- _ASSIGNMENT_: All of the entries need to be copied character for character.

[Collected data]
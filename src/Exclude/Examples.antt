-- ===== src/Exclude/Examples.antt =====
-- A pattern and a path.
use tunshell_mcp_agents.Prelude.{◌≡◌, refl, none, some, true, false}
use tunshell_mcp_agents.Safety.Words.{text}
use tunshell_mcp_agents.Exclude.{
  glob_loop, fuel_for, glob_match, next, star_at, extend, extend_from, only_stars,
}
use tunshell_mcp_agents.Exclude.Sound.{Matches, glob_match-Matches}

glob_match-Matches_example :
    (glob_loop true
        (fuel_for (text "**/*.log") (text "a/b.log"))
        (text "**/*.log")
        (text "a/b.log")
        none
      ≡ some (glob_match true (text "**/*.log") (text "a/b.log")))
    × (glob_match true (text "**/*.log") (text "a/b.log") ≡ true
        → Matches true (text "**/*.log") (text "a/b.log"))
glob_match-Matches_example = glob_match-Matches true (text "**/*.log") (text "a/b.log")

matches : glob_match true (text "**/*.log") (text "a/b.log") ≡ true
unfolding glob_match glob_loop next star_at extend extend_from only_stars
matches = refl

misses : glob_match true (text "**/a*b") (text "x/ay/ab") ≡ false
unfolding glob_match glob_loop next star_at extend extend_from only_stars
misses = refl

- _RESPONSE TO THIS EXERCISE_:
filename src/Exclude/Examples.antt
-- ===== src/Exclude/Examples.antt =====
-- A pattern and a path.
use tunshell_mcp_agents.Prelude.{◌≡◌, refl, none, some, true, false}
use tunshell_mcp_agents.Safety.Words.{text}
use tunshell_mcp_agents.Exclude.{
  glob_loop, fuel_for, glob_match, next, star_at, extend, extend_from, only_stars,
}
use tunshell_mcp_agents.Exclude.Sound.{Matches, glob_match-Matches}

glob_match-Matches_example :
    (glob_loop true
        (fuel_for (text "**/*.log") (text "a/b.log"))
        (text "**/*.log")
        (text "a/b.log")
        none
      ≡ some (glob_match true (text "**/*.log") (text "a/b.log")))
    × (glob_match true (text "**/*.log") (text "a/b.log") ≡ true
        → Matches true (text "**/*.log") (text "a/b.log"))
glob_match-Matches_example = glob_match-Matches true (text "**/*.log") (text "a/b.log")

matches : glob_match true (text "**/*.log") (text "a/b.log") ≡ true
unfolding glob_match glob_loop next star_at extend extend_from only_stars
matches = refl

misses : glob_match true (text "**/a*b") (text "x/ay/ab") ≡ false
unfolding glob_match glob_loop next star_at extend extend_from only_stars
misses = refl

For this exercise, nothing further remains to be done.